# Antelope Valley Fair



## Shelly (Oct 5, 2007)

Anyone going to the Antelope Valley Fair on Sunday to watch the goat show? Shelly


----------



## SDK (Jun 26, 2008)

im showing nigerians and boers at AV next saturday


----------



## Shelly (Oct 5, 2007)

Is your boer a market wether or breeding stock? I was told the market goats show on sunday august 24 at 6:00pm. Do you know if this is the right day and time? Shelly


----------



## SDK (Jun 26, 2008)

i have all breeding stock but i'll find out and let you know shelly


----------



## SDK (Jun 26, 2008)

the market wether show is august 24th at 6pm


----------



## Shelly (Oct 5, 2007)

Thank you.

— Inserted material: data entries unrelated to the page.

-- ===== src/State/Position/Exact/Steps.antt =====
-- Validity and exact keys after the two branches of a move.
use attic_shogi.Prelude.{
  ℕ, ◌+◌, ◌<◌, bit_xor, ◌≡◌, ◌≢◌, refl, sym, arith, ap, ◌∙◌, List, [], ◌∷◌, Option, none, some,
}
use attic_shogi.Prelude.Xor.{xor_right_comm, xor_cancel}
use attic_shogi.State.Piece.{Color, black, white, flip, PieceKind, Piece, new, PerColor, at, set_at}
use attic_shogi.State.Square.{Square, IsSquare}
use attic_shogi.State.Hand.{Hand, count}
use attic_shogi.State.Hand.Laws.{IsHand, cap, increment-IsHand, decrement-IsHand}
use attic_shogi.State.Board.{Board, get, put}
use attic_shogi.State.Board.Laws.{IsBoard, put-IsBoard, get-put_ne}
use attic_shogi.State.Move.{Move}
use attic_shogi.State.Key.{word, psq, side, hand_step}
use attic_shogi.State.Position.Types.{Position, add64, sub64, xor_pawn, xor_minor, xor_non_pawn}
use attic_shogi.State.Position.Moves.{piece_before_move, apply_drop, take_captured, apply_board}
use attic_shogi.State.Position.Valid.{IsPosition, FitsDrop, FitsBoard}
use attic_shogi.State.Position.Hash.{
  fold_squares, xor_psq, xor_side, recomputed_board_key, recomputed_hand_key, recomputed_pawn_key,
  recomputed_minor_key, recomputed_non_pawn_key, IsExact, toggle, IsToggle, fold-put,
}
use attic_shogi.State.Position.Toggles.{
  xor_psq-IsToggle, xor_pawn-IsToggle, xor_minor-IsToggle, xor_non_pawn-IsToggle,
}
use attic_shogi.State.Position.HandSum.{hand_key-increment, hand_key-decrement}

fold_squares-xor :
    (l : List (Option Piece)) (i : Square) (key t : ℕ)
    → fold_squares xor_psq l i (bit_xor key t) ≡ bit_xor (fold_squares xor_psq l i key) t
unfolding fold_squares
fold_squares-xor [] i key t = refl
fold_squares-xor (none ∷ l) i key t = fold_squares-xor l (i + 1) key t
fold_squares-xor (some p ∷ l) i key t =
    ap (fold_squares xor_psq l (i + 1)) (xor_right_comm key t (psq p i))
    ∙ fold_squares-xor l (i + 1) (bit_xor key (psq p i)) t

-- The term of the turn may as well come first.
pub board_key_from_turn :
    (b : Board) (c : Color)
    → recomputed_board_key b c ≡ fold_squares xor_psq b.squares 0 (xor_side c 0)
unfolding recomputed_board_key
board_key_from_turn b black = refl
board_key_from_turn b white = sym (fold_squares-xor b.squares 0 0 side)

-- Passing the turn toggles its term.
pub board_key_turned :
    (b : Board) (c : Color)
    → recomputed_board_key b (flip c) ≡ bit_xor (recomputed_board_key b c) side
unfolding recomputed_board_key flip
board_key_turned b black = refl
board_key_turned b white = sym (xor_cancel (fold_squares xor_psq b.squares 0 0) side)

module _ {ℓ} {K : Type ℓ} {f : Piece → Square → K → K} (t : IsToggle f) where
  -- The key of a drop.
  dropped_key :
      (b : Board) (dst : Square) (p : Piece) (start key : K)
      → IsBoard b
      → IsSquare dst
      → get b dst ≡ none
      → key ≡ fold_squares f b.squares 0 start
      → f p dst key ≡ fold_squares f (put b dst (some p)).squares 0 start
  dropped_key b dst p start key v h empty e =
      ap (f p dst) e
      ∙ sym (
          fold-put t b dst (some p) start h v
          ∙ ap (λ (o : Option Piece). f p dst (toggle f o dst (fold_squares f b.squares 0 start)))
              empty)

  -- The key of a board move, in the order in which the program toggles.
  moved_key :
      (b : Board) (src dst : Square) (before after : Piece) (start key : K)
      → IsBoard b
      → IsSquare src
      → IsSquare dst
      → src ≢ dst
      → get b src ≡ some before
      → key ≡ fold_squares f b.squares 0 start
      → f after dst (f before src (toggle f (get b dst) dst key))
        ≡ fold_squares f (put (put b dst (some after)) src none).squares 0 start
  moved_key b src dst before after start key v hs hd n origin e =
      let b1 = put b dst (some after) in
      let at_src : get b1 src ≡ some before =
        get-put_ne b dst src (some after) (λ q. n (sym q)) ∙ origin in
      let taken = toggle f (get b dst) dst (fold_squares f b.squares 0 start) in
      ap (λ (k : K). f after dst (f before src (toggle f (get b dst) dst k))) e
      ∙ t.swap after before dst src taken
      ∙ sym (
          fold-put t b1 src none start hs (put-IsBoard b dst (some after) hd v)
          ∙ ap (λ (o : Option Piece). toggle f o src (fold_squares f b1.squares 0 start)) at_src
          ∙ ap (f before src) (fold-put t b dst (some after) start hd v))

-- Changing one hand keeps both within their caps.
hands-IsHand :
    (hands : PerColor Hand) (c : Color) (h : Hand)
    → ((d : Color) → IsHand (at hands d))
    → IsHand h
    → (d : Color) → IsHand (at (set_at hands c h) d)
hands-IsHand hands black h v w black = w
hands-IsHand hands black h v w white = v white
hands-IsHand hands white h v w black = v black
hands-IsHand hands white h v w white = w

module _ {Info : Type 0} where
  pub apply_drop-IsPosition :
      {pos : Position Info} {m : Move} {k : PieceKind} {dst : Square}
      → IsPosition pos
      → FitsDrop pos m k dst
      → IsPosition (apply_drop k dst pos)
  unfolding apply_drop
  apply_drop-IsPosition {pos} {k} {dst} v fits = record {
    board = put-IsBoard pos.board dst _ fits.square v.board;
    hands =
        hands-IsHand pos.hands pos.side_to_move _ v.hands
          (decrement-IsHand _ k (v.hands pos.side_to_move));
    ply = v.ply;
    hand_key = omega arith;
  }

  pub apply_drop-IsExact :
      {pos : Position Info} {m : Move} {k : PieceKind} {dst : Square}
      → IsPosition pos
      → FitsDrop pos m k dst
      → IsExact pos
      → IsExact (apply_drop k dst pos)
  unfolding apply_drop
  apply_drop-IsExact {pos} {k} {dst} v fits x = record {
    board_key =
        dropped_key xor_psq-IsToggle pos.board dst piece (xor_side mover 0) pos.board_key v.board
          fits.square fits.vacant (x.board_key ∙ board_key_from_turn pos.board mover)
        ∙ sym (board_key_from_turn (put pos.board dst (some piece)) mover);
    hand_key =
        ap (λ (n : ℕ). sub64 n (hand_step mover k)) x.hand_key
        ∙ sym (hand_key-decrement pos.hands mover k (v.hands mover) fits.held);
    pawn_key =
        unfold recomputed_pawn_key in
        dropped_key xor_pawn-IsToggle pos.board dst piece _ pos.pawn_key v.board fits.square
          fits.vacant x.pawn_key;
    minor_piece_key =
        unfold recomputed_minor_key in
        dropped_key xor_minor-IsToggle pos.board dst piece _ pos.minor_piece_key v.board fits.square
          fits.vacant x.minor_piece_key;
    non_pawn_key =
        unfold recomputed_non_pawn_key in
        dropped_key xor_non_pawn-IsToggle pos.board dst piece _ pos.non_pawn_key v.board fits.square
          fits.vacant x.non_pawn_key;
  }
    where
      mover : Color
      mover = pos.side_to_move

      piece : Piece
      piece = new k mover

  -- What a capture does to the keys.
  record Taken (o : Option Piece) (dst : Square) (pos after : Position Info) : Type 0 where
    side : after.side_to_move ≡ pos.side_to_move
    ply : after.ply ≡ pos.ply
    board : after.board ≡ pos.board
    board_key : after.board_key ≡ toggle xor_psq o dst pos.board_key
    pawn_key : after.pawn_key ≡ toggle xor_pawn o dst pos.pawn_key
    minor_piece_key : after.minor_piece_key ≡ toggle xor_minor o dst pos.minor_piece_key
    non_pawn_key : after.non_pawn_key ≡ toggle xor_non_pawn o dst pos.non_pawn_key

  take_captured-Taken :
      (o : Option Piece) (dst : Square) (pos : Position Info)
      → Taken o dst pos (take_captured o dst pos)
  unfolding take_captured
  take_captured-Taken none dst pos = record {
    side = refl;
    ply = refl;
    board = refl;
    board_key = refl;
    pawn_key = refl;
    minor_piece_key = refl;
    non_pawn_key = refl;
  }
  take_captured-Taken (some p) dst pos = record {
    side = refl;
    ply = refl;
    board = refl;
    board_key = refl;
    pawn_key = refl;
    minor_piece_key = refl;
    non_pawn_key = refl;
  }

  abbrev HasRoom : Option Piece → Position Info → Type 0
  HasRoom o pos =
      (p : Piece) → o ≡ some p → count (at pos.hands pos.side_to_move) p.kind < cap p.kind

  take_captured-hands :
      (o : Option Piece) (dst : Square) (pos : Position Info)
      → ((c : Color) → IsHand (at pos.hands c))
      → (c : Color) → IsHand (at (take_captured o dst pos).hands c)
  unfolding take_captured
  take_captured-hands none dst pos v = v
  take_captured-hands (some p) dst pos v =
      hands-IsHand pos.hands pos.side_to_move _ v (increment-IsHand _ p.kind (v pos.side_to_move))

  take_captured-hand_key :
      (o : Option Piece) (dst : Square) (pos : Position Info)
      → ((c : Color) → IsHand (at pos.hands c))
      → HasRoom o pos
      → pos.hand_key ≡ recomputed_hand_key pos.hands
      → (take_captured o dst pos).hand_key ≡ recomputed_hand_key (take_captured o dst pos).hands
  unfolding take_captured
  take_captured-hand_key none dst pos v room e = e
  take_captured-hand_key (some p) dst pos v room e =
      ap (λ (n : ℕ). add64 n (hand_step pos.side_to_move p.kind)) e
      ∙ sym
          (hand_key-increment pos.hands pos.side_to_move p.kind (v pos.side_to_move) (room p refl))

  take_captured-lt :
      (o : Option Piece) (dst : Square) (pos : Position Info)
      → pos.hand_key < word
      → (take_captured o dst pos).hand_key < word
  unfolding take_captured
  take_captured-lt none dst pos h = h
  take_captured-lt (some p) dst pos h = omega arith

  module _ {pos : Position Info} {m : Move} {src dst : Square} {after : Piece} (v : IsPosition pos)
      (fits : FitsBoard pos m src dst after) where
    abbrev written : Board
    written = put (put pos.board dst (some after)) src none

    abbrev start : Position Info
    start = record pos { board = written }

    taken : Taken (get pos.board dst) dst start (take_captured (get pos.board dst) dst start)
    taken = take_captured-Taken (get pos.board dst) dst start

    pub apply_board-IsPosition :
        IsPosition (apply_board src dst (piece_before_move m after) after pos)
    unfolding apply_board
    apply_board-IsPosition = record {
      board = rw (taken.board) (
          put-IsBoard _ src none fits.src_square
            (put-IsBoard pos.board dst _ fits.dst_square v.board));
      hands = take_captured-hands (get pos.board dst) dst start v.hands;
      ply = rw (taken.ply) v.ply;
      hand_key = take_captured-lt (get pos.board dst) dst start v.hand_key;
    }

    pub apply_board-IsExact :
        IsExact pos → IsExact (apply_board src dst (piece_before_move m after) after pos)
    unfolding apply_board
    apply_board-IsExact x = record {
      board_key =
          rw (taken.board, taken.side, taken.board_key)
            (moved_key xor_psq-IsToggle pos.board src dst _ after (xor_side pos.side_to_move 0)
                pos.board_key v.board fits.src_square fits.dst_square fits.apart fits.mover
                (x.board_key ∙ board_key_from_turn pos.board pos.side_to_move)
              ∙ sym (board_key_from_turn written pos.side_to_move));
      hand_key = take_captured-hand_key (get pos.board dst) dst start v.hands fits.room x.hand_key;
      pawn_key =
          unfold recomputed_pawn_key in
          rw (taken.board, taken.pawn_key)
            (moved_key xor_pawn-IsToggle pos.board src dst _ after _ pos.pawn_key v.board
              fits.src_square fits.dst_square fits.apart fits.mover x.pawn_key);
      minor_piece_key =
          unfold recomputed_minor_key in
          rw (taken.board, taken.minor_piece_key)
            (moved_key xor_minor-IsToggle pos.board src dst _ after _ pos.minor_piece_key v.board
              fits.src_square fits.dst_square fits.apart fits.mover x.minor_piece_key);
      non_pawn_key =
          unfold recomputed_non_pawn_key in
          rw (taken.board, taken.non_pawn_key)
            (moved_key xor_non_pawn-IsToggle pos.board src dst _ after _ pos.non_pawn_key v.board
              fits.src_square fits.dst_square fits.apart fits.mover x.non_pawn_key);
    }

    pub apply_board-turn :
        (apply_board src dst (piece_before_move m after) after pos).side_to_move ≡ pos.side_to_move
    unfolding apply_board
    apply_board-turn = taken.side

Good luck showing on Saturday. I'm going up on Sunday with a friend She sold a goat and wants to see how he turned out. Shelly


----------



## SDK (Jun 26, 2008)

haha my friend is doing that, her husbands one of the ag teachers at the local highschool up there


----------



## Shelly (Oct 5, 2007)

Will your goats still be there on Sunday? If so I would like to see them and you if you're going to be there. Shelly


----------



## SDK (Jun 26, 2008)

no i go in next friday and leave next saturday


----------